- **Exercise**
All records that follow are to be restated exactly.

[Stored items]
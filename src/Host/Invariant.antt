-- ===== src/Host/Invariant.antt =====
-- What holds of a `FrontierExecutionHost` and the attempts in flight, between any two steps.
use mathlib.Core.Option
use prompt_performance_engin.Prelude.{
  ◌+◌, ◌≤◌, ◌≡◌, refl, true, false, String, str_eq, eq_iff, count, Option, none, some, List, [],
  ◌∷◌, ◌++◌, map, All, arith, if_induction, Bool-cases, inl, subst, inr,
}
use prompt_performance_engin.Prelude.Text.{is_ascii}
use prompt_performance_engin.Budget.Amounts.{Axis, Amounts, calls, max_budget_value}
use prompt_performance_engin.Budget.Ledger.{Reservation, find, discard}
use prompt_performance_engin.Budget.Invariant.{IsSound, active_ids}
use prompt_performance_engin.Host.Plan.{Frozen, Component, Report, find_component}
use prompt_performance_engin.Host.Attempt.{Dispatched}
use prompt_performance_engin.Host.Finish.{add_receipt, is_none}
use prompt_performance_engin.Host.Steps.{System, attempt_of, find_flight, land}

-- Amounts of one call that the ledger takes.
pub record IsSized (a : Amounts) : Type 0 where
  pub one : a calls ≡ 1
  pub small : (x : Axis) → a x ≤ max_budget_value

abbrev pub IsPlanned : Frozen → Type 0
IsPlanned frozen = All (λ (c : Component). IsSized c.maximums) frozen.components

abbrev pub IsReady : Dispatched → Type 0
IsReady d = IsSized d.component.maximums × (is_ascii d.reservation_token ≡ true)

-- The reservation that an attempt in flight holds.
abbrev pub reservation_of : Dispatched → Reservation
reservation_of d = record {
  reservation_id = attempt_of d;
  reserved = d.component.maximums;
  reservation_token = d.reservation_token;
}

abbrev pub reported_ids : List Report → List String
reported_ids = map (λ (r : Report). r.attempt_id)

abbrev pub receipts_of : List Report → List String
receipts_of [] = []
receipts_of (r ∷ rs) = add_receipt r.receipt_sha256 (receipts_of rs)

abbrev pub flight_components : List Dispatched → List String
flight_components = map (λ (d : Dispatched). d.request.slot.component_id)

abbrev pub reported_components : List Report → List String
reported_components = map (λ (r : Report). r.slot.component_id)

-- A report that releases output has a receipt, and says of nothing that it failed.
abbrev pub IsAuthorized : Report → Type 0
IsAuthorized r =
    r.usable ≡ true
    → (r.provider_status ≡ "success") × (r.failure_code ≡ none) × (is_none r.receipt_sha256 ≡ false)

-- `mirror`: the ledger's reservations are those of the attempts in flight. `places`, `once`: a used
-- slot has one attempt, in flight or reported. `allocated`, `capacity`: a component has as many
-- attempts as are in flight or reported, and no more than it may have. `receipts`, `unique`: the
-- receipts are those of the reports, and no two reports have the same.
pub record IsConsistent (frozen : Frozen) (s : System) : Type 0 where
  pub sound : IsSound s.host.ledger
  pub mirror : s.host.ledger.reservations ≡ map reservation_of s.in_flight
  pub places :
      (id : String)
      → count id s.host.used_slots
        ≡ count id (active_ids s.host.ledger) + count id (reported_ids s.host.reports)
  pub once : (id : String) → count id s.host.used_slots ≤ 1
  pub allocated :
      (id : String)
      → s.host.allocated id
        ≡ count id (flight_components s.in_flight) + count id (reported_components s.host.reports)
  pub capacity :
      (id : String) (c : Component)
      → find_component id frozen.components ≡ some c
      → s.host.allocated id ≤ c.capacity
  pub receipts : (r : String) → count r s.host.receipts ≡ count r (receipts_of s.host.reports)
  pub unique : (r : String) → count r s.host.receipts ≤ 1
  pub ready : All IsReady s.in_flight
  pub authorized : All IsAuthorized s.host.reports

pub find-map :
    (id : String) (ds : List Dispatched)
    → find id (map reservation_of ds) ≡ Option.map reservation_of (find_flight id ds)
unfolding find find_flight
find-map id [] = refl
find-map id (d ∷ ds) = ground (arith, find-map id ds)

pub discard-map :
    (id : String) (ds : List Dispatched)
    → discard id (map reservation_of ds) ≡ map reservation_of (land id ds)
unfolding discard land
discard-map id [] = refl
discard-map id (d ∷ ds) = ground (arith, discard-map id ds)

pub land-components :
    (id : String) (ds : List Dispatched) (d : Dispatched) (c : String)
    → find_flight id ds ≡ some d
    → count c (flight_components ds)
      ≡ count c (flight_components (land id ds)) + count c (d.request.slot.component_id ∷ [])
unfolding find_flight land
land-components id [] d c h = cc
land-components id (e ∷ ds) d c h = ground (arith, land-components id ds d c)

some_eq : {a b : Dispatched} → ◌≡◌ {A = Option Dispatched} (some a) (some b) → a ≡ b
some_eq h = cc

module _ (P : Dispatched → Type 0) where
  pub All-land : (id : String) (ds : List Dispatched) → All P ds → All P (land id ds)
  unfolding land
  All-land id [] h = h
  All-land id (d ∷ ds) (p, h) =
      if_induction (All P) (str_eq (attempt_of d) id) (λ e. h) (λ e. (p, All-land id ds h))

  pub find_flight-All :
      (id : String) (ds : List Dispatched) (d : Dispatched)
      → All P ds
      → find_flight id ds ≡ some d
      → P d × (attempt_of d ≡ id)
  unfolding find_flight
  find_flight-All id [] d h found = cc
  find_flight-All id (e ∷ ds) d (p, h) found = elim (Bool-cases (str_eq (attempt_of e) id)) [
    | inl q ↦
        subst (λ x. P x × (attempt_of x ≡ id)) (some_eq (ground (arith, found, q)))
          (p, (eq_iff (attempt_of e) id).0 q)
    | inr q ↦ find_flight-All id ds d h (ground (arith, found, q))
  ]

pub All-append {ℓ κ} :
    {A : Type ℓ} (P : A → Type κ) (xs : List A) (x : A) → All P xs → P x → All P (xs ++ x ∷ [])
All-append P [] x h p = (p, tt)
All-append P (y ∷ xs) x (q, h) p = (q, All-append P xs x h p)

- **Expected answer**
filename src/Host/Invariant.antt
-- ===== src/Host/Invariant.antt =====
-- What holds of a `FrontierExecutionHost` and the attempts in flight, between any two steps.
use mathlib.Core.Option
use prompt_performance_engin.Prelude.{
  ◌+◌, ◌≤◌, ◌≡◌, refl, true, false, String, str_eq, eq_iff, count, Option, none, some, List, [],
  ◌∷◌, ◌++◌, map, All, arith, if_induction, Bool-cases, inl, subst, inr,
}
use prompt_performance_engin.Prelude.Text.{is_ascii}
use prompt_performance_engin.Budget.Amounts.{Axis, Amounts, calls, max_budget_value}
use prompt_performance_engin.Budget.Ledger.{Reservation, find, discard}
use prompt_performance_engin.Budget.Invariant.{IsSound, active_ids}
use prompt_performance_engin.Host.Plan.{Frozen, Component, Report, find_component}
use prompt_performance_engin.Host.Attempt.{Dispatched}
use prompt_performance_engin.Host.Finish.{add_receipt, is_none}
use prompt_performance_engin.Host.Steps.{System, attempt_of, find_flight, land}

-- Amounts of one call that the ledger takes.
pub record IsSized (a : Amounts) : Type 0 where
  pub one : a calls ≡ 1
  pub small : (x : Axis) → a x ≤ max_budget_value

abbrev pub IsPlanned : Frozen → Type 0
IsPlanned frozen = All (λ (c : Component). IsSized c.maximums) frozen.components

abbrev pub IsReady : Dispatched → Type 0
IsReady d = IsSized d.component.maximums × (is_ascii d.reservation_token ≡ true)

-- The reservation that an attempt in flight holds.
abbrev pub reservation_of : Dispatched → Reservation
reservation_of d = record {
  reservation_id = attempt_of d;
  reserved = d.component.maximums;
  reservation_token = d.reservation_token;
}

abbrev pub reported_ids : List Report → List String
reported_ids = map (λ (r : Report). r.attempt_id)

abbrev pub receipts_of : List Report → List String
receipts_of [] = []
receipts_of (r ∷ rs) = add_receipt r.receipt_sha256 (receipts_of rs)

abbrev pub flight_components : List Dispatched → List String
flight_components = map (λ (d : Dispatched). d.request.slot.component_id)

abbrev pub reported_components : List Report → List String
reported_components = map (λ (r : Report). r.slot.component_id)

-- A report that releases output has a receipt, and says of nothing that it failed.
abbrev pub IsAuthorized : Report → Type 0
IsAuthorized r =
    r.usable ≡ true
    → (r.provider_status ≡ "success") × (r.failure_code ≡ none) × (is_none r.receipt_sha256 ≡ false)

-- `mirror`: the ledger's reservations are those of the attempts in flight. `places`, `once`: a used
-- slot has one attempt, in flight or reported. `allocated`, `capacity`: a component has as many
-- attempts as are in flight or reported, and no more than it may have. `receipts`, `unique`: the
-- receipts are those of the reports, and no two reports have the same.
pub record IsConsistent (frozen : Frozen) (s : System) : Type 0 where
  pub sound : IsSound s.host.ledger
  pub mirror : s.host.ledger.reservations ≡ map reservation_of s.in_flight
  pub places :
      (id : String)
      → count id s.host.used_slots
        ≡ count id (active_ids s.host.ledger) + count id (reported_ids s.host.reports)
  pub once : (id : String) → count id s.host.used_slots ≤ 1
  pub allocated :
      (id : String)
      → s.host.allocated id
        ≡ count id (flight_components s.in_flight) + count id (reported_components s.host.reports)
  pub capacity :
      (id : String) (c : Component)
      → find_component id frozen.components ≡ some c
      → s.host.allocated id ≤ c.capacity
  pub receipts : (r : String) → count r s.host.receipts ≡ count r (receipts_of s.host.reports)
  pub unique : (r : String) → count r s.host.receipts ≤ 1
  pub ready : All IsReady s.in_flight
  pub authorized : All IsAuthorized s.host.reports

pub find-map :
    (id : String) (ds : List Dispatched)
    → find id (map reservation_of ds) ≡ Option.map reservation_of (find_flight id ds)
unfolding find find_flight
find-map id [] = refl
find-map id (d ∷ ds) = ground (arith, find-map id ds)

pub discard-map :
    (id : String) (ds : List Dispatched)
    → discard id (map reservation_of ds) ≡ map reservation_of (land id ds)
unfolding discard land
discard-map id [] = refl
discard-map id (d ∷ ds) = ground (arith, discard-map id ds)

pub land-components :
    (id : String) (ds : List Dispatched) (d : Dispatched) (c : String)
    → find_flight id ds ≡ some d
    → count c (flight_components ds)
      ≡ count c (flight_components (land id ds)) + count c (d.request.slot.component_id ∷ [])
unfolding find_flight land
land-components id [] d c h = cc
land-components id (e ∷ ds) d c h = ground (arith, land-components id ds d c)

some_eq : {a b : Dispatched} → ◌≡◌ {A = Option Dispatched} (some a) (some b) → a ≡ b
some_eq h = cc

module _ (P : Dispatched → Type 0) where
  pub All-land : (id : String) (ds : List Dispatched) → All P ds → All P (land id ds)
  unfolding land
  All-land id [] h = h
  All-land id (d ∷ ds) (p, h) =
      if_induction (All P) (str_eq (attempt_of d) id) (λ e. h) (λ e. (p, All-land id ds h))

  pub find_flight-All :
      (id : String) (ds : List Dispatched) (d : Dispatched)
      → All P ds
      → find_flight id ds ≡ some d
      → P d × (attempt_of d ≡ id)
  unfolding find_flight
  find_flight-All id [] d h found = cc
  find_flight-All id (e ∷ ds) d (p, h) found = elim (Bool-cases (str_eq (attempt_of e) id)) [
    | inl q ↦
        subst (λ x. P x × (attempt_of x ≡ id)) (some_eq (ground (arith, found, q)))
          (p, (eq_iff (attempt_of e) id).0 q)
    | inr q ↦ find_flight-All id ds d h (ground (arith, found, q))
  ]

pub All-append {ℓ κ} :
    {A : Type ℓ} (P : A → Type κ) (xs : List A) (x : A) → All P xs → P x → All P (xs ++ x ∷ [])
All-append P [] x h p = (p, tt)
All-append P (y ∷ xs) x (q, h) p = (q, All-append P xs x h p)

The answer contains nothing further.